Растерянность главы семейства проявлялась даже в многочисленных ошибках, с какими изложено это признание. Весной 1876 года подрядчик Миронов опротестовал вексель Павла Егоровича на 1000 рублей и подал к взысканию в Коммерческий суд. Подходил срок выплаты по другим векселям. Бывшему купцу грозила долговая тюрьма, в просторечии «яма». Несостоятельных должников, мужчин не старше 70 лет, сажали в эту тюрьму до тех пор, пока они не вносили долг.

Что делать? Оставаться в Таганроге?
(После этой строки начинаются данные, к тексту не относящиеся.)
-- ===== src/Shim/Ack.antt =====
-- What an ACK does to a session of the shim.
use dlr.Prelude.{
  ℕ, ◌≡◌, ◌≤◌, ◌⊎◌, refl, sym, ◌∙◌, arith, length, true, false, bytes_eq, bytes_eq_iff, Bool-cases,
  Option-cases, inl, inr, take-length,
}
use dlr.Core.Blake3.{Blake3}
use dlr.Core.Merkle.{MerkleRoot, root_zero}
use dlr.Core.Wal.{Disk}
use dlr.Shim.{Packer, Filter, SessionShim, find_prefix, apply_ack}
use dlr.Shim.Roots.{IsRooted, prefix_root, find_prefix-some, find_prefix-none}

module _ (packer : Packer) (filter : Filter) (blake3 : Blake3) (disk : Disk) (acked : MerkleRoot)
    (s : SessionShim packer) where
  -- An ACK that is taken makes the acknowledged root the base.
  pub record Advanced (s' : SessionShim packer) : Type 0 where
    pub base : s'.base_root ≡ acked
    pub prefix : prefix_root blake3 s'.base_len s.ids ≡ acked
    pub fits : s'.base_len ≤ length s.ids
    pub ids : s'.ids ≡ s.ids
    pub root : s'.root ≡ s.root

  -- In a session whose roots are those of its ids, an ACK either returns true, and the acknowledged
  -- root is that of some prefix of the session's ids and becomes the base, with the log and the
  -- root as they were; or it returns false, the session is as it was, and the acknowledged root is
  -- not the root of any prefix but, possibly, the empty one.
  pub apply_ack_lem :
      IsRooted packer filter blake3 disk s
      → (((apply_ack packer blake3 acked s).1 ≡ true)
          × Advanced (apply_ack packer blake3 acked s).0)
        ⊎ (((apply_ack packer blake3 acked s).1 ≡ false)
            × ((apply_ack packer blake3 acked s).0 ≡ s)
            × ((n : ℕ)
                → 1 ≤ n
                → n ≤ length s.ids
                → bytes_eq (prefix_root blake3 n s.ids) acked ≡ false))
  unfolding apply_ack
  apply_ack_lem h = elim (Bool-cases (bytes_eq acked s.root)) [
    | inl e ↦ inl (
        rw (e, apply_ack)
          (
            refl,
            record {
              base = refl;
              prefix = rw take-length (sym h.root ∙ sym ((bytes_eq_iff acked s.root).0 e));
              fits = omega arith;
              ids = refl;
              root = refl;
            },
          ))
    | inr e ↦ elim (Bool-cases (bytes_eq acked s.base_root)) [
      | inl e' ↦
          let same = sym ((bytes_eq_iff acked s.base_root).0 e') in
          inl (
            rw (e, e', apply_ack)
              (
                refl,
                record {
                  base = same;
                  prefix = sym h.base ∙ same;
                  fits = h.fits;
                  ids = refl;
                  root = refl;
                },
              ))
      | inr e' ↦ elim (Option-cases (find_prefix blake3 acked root_zero 0 s.ids)) [
        | inl p ↦ inr (
            rw (e, e', p, apply_ack)
              (refl, refl, λ n l g. find_prefix-none blake3 acked root_zero 0 s.ids n p l g))
        | inr (n, p) ↦
            let (m, is, le, root) = find_prefix-some blake3 acked root_zero 0 s.ids n p in
            let same : n ≡ m = omega (arith, is) in
            inl (
              rw (e, e', p, apply_ack)
                (
                  refl,
                  record {
                    base = refl;
                    prefix = rw same root;
                    fits = omega (arith, le, same);
                    ids = refl;
                    root = refl;
                  },
                ))
      ]
    ]
  ]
Это означало бы, покоряясь судьбе, ждать, когда дом пойдет с молотка, оказаться со всеми чадами и домочадцами на улице, забирать детей из гимназии и прозябать в полной нищете и позоре. Для бывшего члена торговой депутации, бывшего регента, человека с серебряной медалью на Станиславской ленте подобное было неприемлемо. Вероятно, Павел Егорович воспользовался советом своего жильца Селиванова, служившего в Коммерческом суде. Он, видимо, предложил некую сделку: куплю-продажу заложенного дома за небольшую сумму, а потом-де он продаст дом, как можно выгоднее, и отдаст разницу. И потому, мол, владельцу дома лучше исчезнуть из города.
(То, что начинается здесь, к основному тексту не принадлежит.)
-- ===== src/Shim/Coalesced.antt =====
-- Several turns in one frame.
use dlr.Prelude.{◌≡◌, refl, ap, ◌∙◌, List, [], ◌∷◌, ◌++◌, concat_map}
use dlr.Core.Blake3.{Blake3}
use dlr.Core.Block.{Block}
use dlr.Core.Canonical.{canonical_bytes_and_id}
use dlr.Core.Frame.{FrameBlock}
use dlr.Core.Wal.{Disk}
use dlr.Shim.{
  Packer, Filter, SessionShim, Host, advance, emit_block, ingest_blocks, ingest_turn,
  ingest_coalesced, turn_blocks,
}

module _ (packer : Packer) (filter : Filter) (blake3 : Blake3) (disk : Disk) where
  abbrev pub Ingested : Type 0
  Ingested = SessionShim packer × Host packer filter × List FrameBlock

  -- Turns ingested one after the other, with the blocks of their frames.
  unfoldable pub ingest_each :
      List (List Block) → SessionShim packer → Host packer filter → Ingested
  ingest_each [] s h = (s, h, [])
  ingest_each (blocks ∷ turns) s h =
      let (s', h', f) = ingest_turn packer filter blake3 disk blocks s h in
      let (s'', h'', rest) = ingest_each turns s' h' in (s'', h'', f.blocks ++ rest)

  -- Blocks in front of what is ingested after them.
  abbrev in_front : List FrameBlock → Ingested → Ingested
  in_front fbs (s, h, rest) = (s, h, fbs ++ rest)

  ingest_blocks-append :
      (xs ys : List Block) (s : SessionShim packer) (h : Host packer filter)
      → let (s', h', fbs) = ingest_blocks packer filter blake3 disk xs s h in
        ingest_blocks packer filter blake3 disk (xs ++ ys) s h
        ≡ in_front fbs (ingest_blocks packer filter blake3 disk ys s' h')
  unfolding ingest_blocks
  ingest_blocks-append [] ys s h = refl
  ingest_blocks-append (b ∷ xs) ys s h =
      let (c, id) = canonical_bytes_and_id blake3 b in
      let grown = advance packer filter blake3 id s in
      let (kept, fb) = emit_block packer filter blake3 disk b c id grown h in
      ap (λ (r : Ingested). in_front (fb ∷ []) r) (ingest_blocks-append xs ys grown kept)

  ingest_blocks-each :
      (turns : List (List Block)) (s : SessionShim packer) (h : Host packer filter)
      → ingest_blocks packer filter blake3 disk (concat_map turn_blocks turns) s h
        ≡ ingest_each turns s h
  unfolding ingest_blocks concat_map ingest_each ingest_turn
  ingest_blocks-each [] s h = refl
  ingest_blocks-each (blocks ∷ turns) s h =
      let (s', h', fbs) = ingest_blocks packer filter blake3 disk blocks s h in
      ingest_blocks-append blocks (concat_map turn_blocks turns) s h
      ∙ ap (λ (r : Ingested). in_front fbs r) (ingest_blocks-each turns s' h')

  -- Coalescing turns leaves the session and the host as ingesting them one after the other does, and
  -- the one frame has the blocks of all their frames, in order.
  pub ingest_coalesced-each :
      (turns : List (List Block)) (s : SessionShim packer) (h : Host packer filter)
      → let (s', h', f) = ingest_coalesced packer filter blake3 disk turns s h in
        (s', h', f.blocks) ≡ ingest_each turns s h
  unfolding ingest_coalesced ingest_turn
  ingest_coalesced-each turns s h = ingest_blocks-each turns s h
Такой уговор устраивал обе стороны. Павел Егорович не решал вопросы с долгами, домом, обеспечением семьи, а просто убегал от них — от долгов, от семьи. Так ему, наверно, показалось проще, удобнее. Но кто-то должен был остаться за старшего? Кому-то надлежало после отъезда главы семейства заботиться о Евгении Яковлевне, о тринадцатилетней Маше и десятилетнем Мише. Встречаться с судебными исполнителями, если бы они нагрянули в дом, объясняться с кредиторами, когда они начнут спрашивать, где должник. В ум и деловые свойства жены Павел Егорович не верил. Ее удел — плакать, стенать, молить о помощи, управляться с домашним хозяйством. Не Иван же? Неровный, то замкнутый, то взбудораженный, всегда словно чем-то напуганный или чего-то опасающийся, он сам нуждался в поддержке.

Оставался только один человек. Ему и предстояло решать все вопросы, кроме долговых обязательств отца, который в конце апреля 1876 года навсегда покинул Таганрог и тайно уехал в Москву, к старшим сыновьям. Теперь оттуда, в каждом письме следовали приказы, наставления: «Прикажи Антоше...»; — «Это Антоша должен обо всем ведать и узнавать секретно»; — «Антоша пусть сходит»; — «Пускай Антоша поищет»; — «Антоша отнесет». Отец возложил на среднего сына ответственность не только за брошенное хозяйство, но и за судьбу матери: «Антоша, береги Мамашу, если что случится, ты будешь отвечать...»

В первых посланиях к оставшимся в Таганроге детям отец семейства еще пытался сохранить роль учителя: «Читайте нравственные книги, не увлекайтесь пустяшными, развращающими книгами, не забивайте свои головы навозом, мусором и всякой дрянью. Читайте истории великих деятелей и держитесь духовно-нравственных книг». Однако наставничество уже вытеснялось хозяйственными распоряжениями жене и сыну Антону: спасти имущество от описи, а для этого спрятать его у родных; получить мелкие суммы с должников; найти жильцов, а может быть, и покупателей на дом, но лишь за определенную цену.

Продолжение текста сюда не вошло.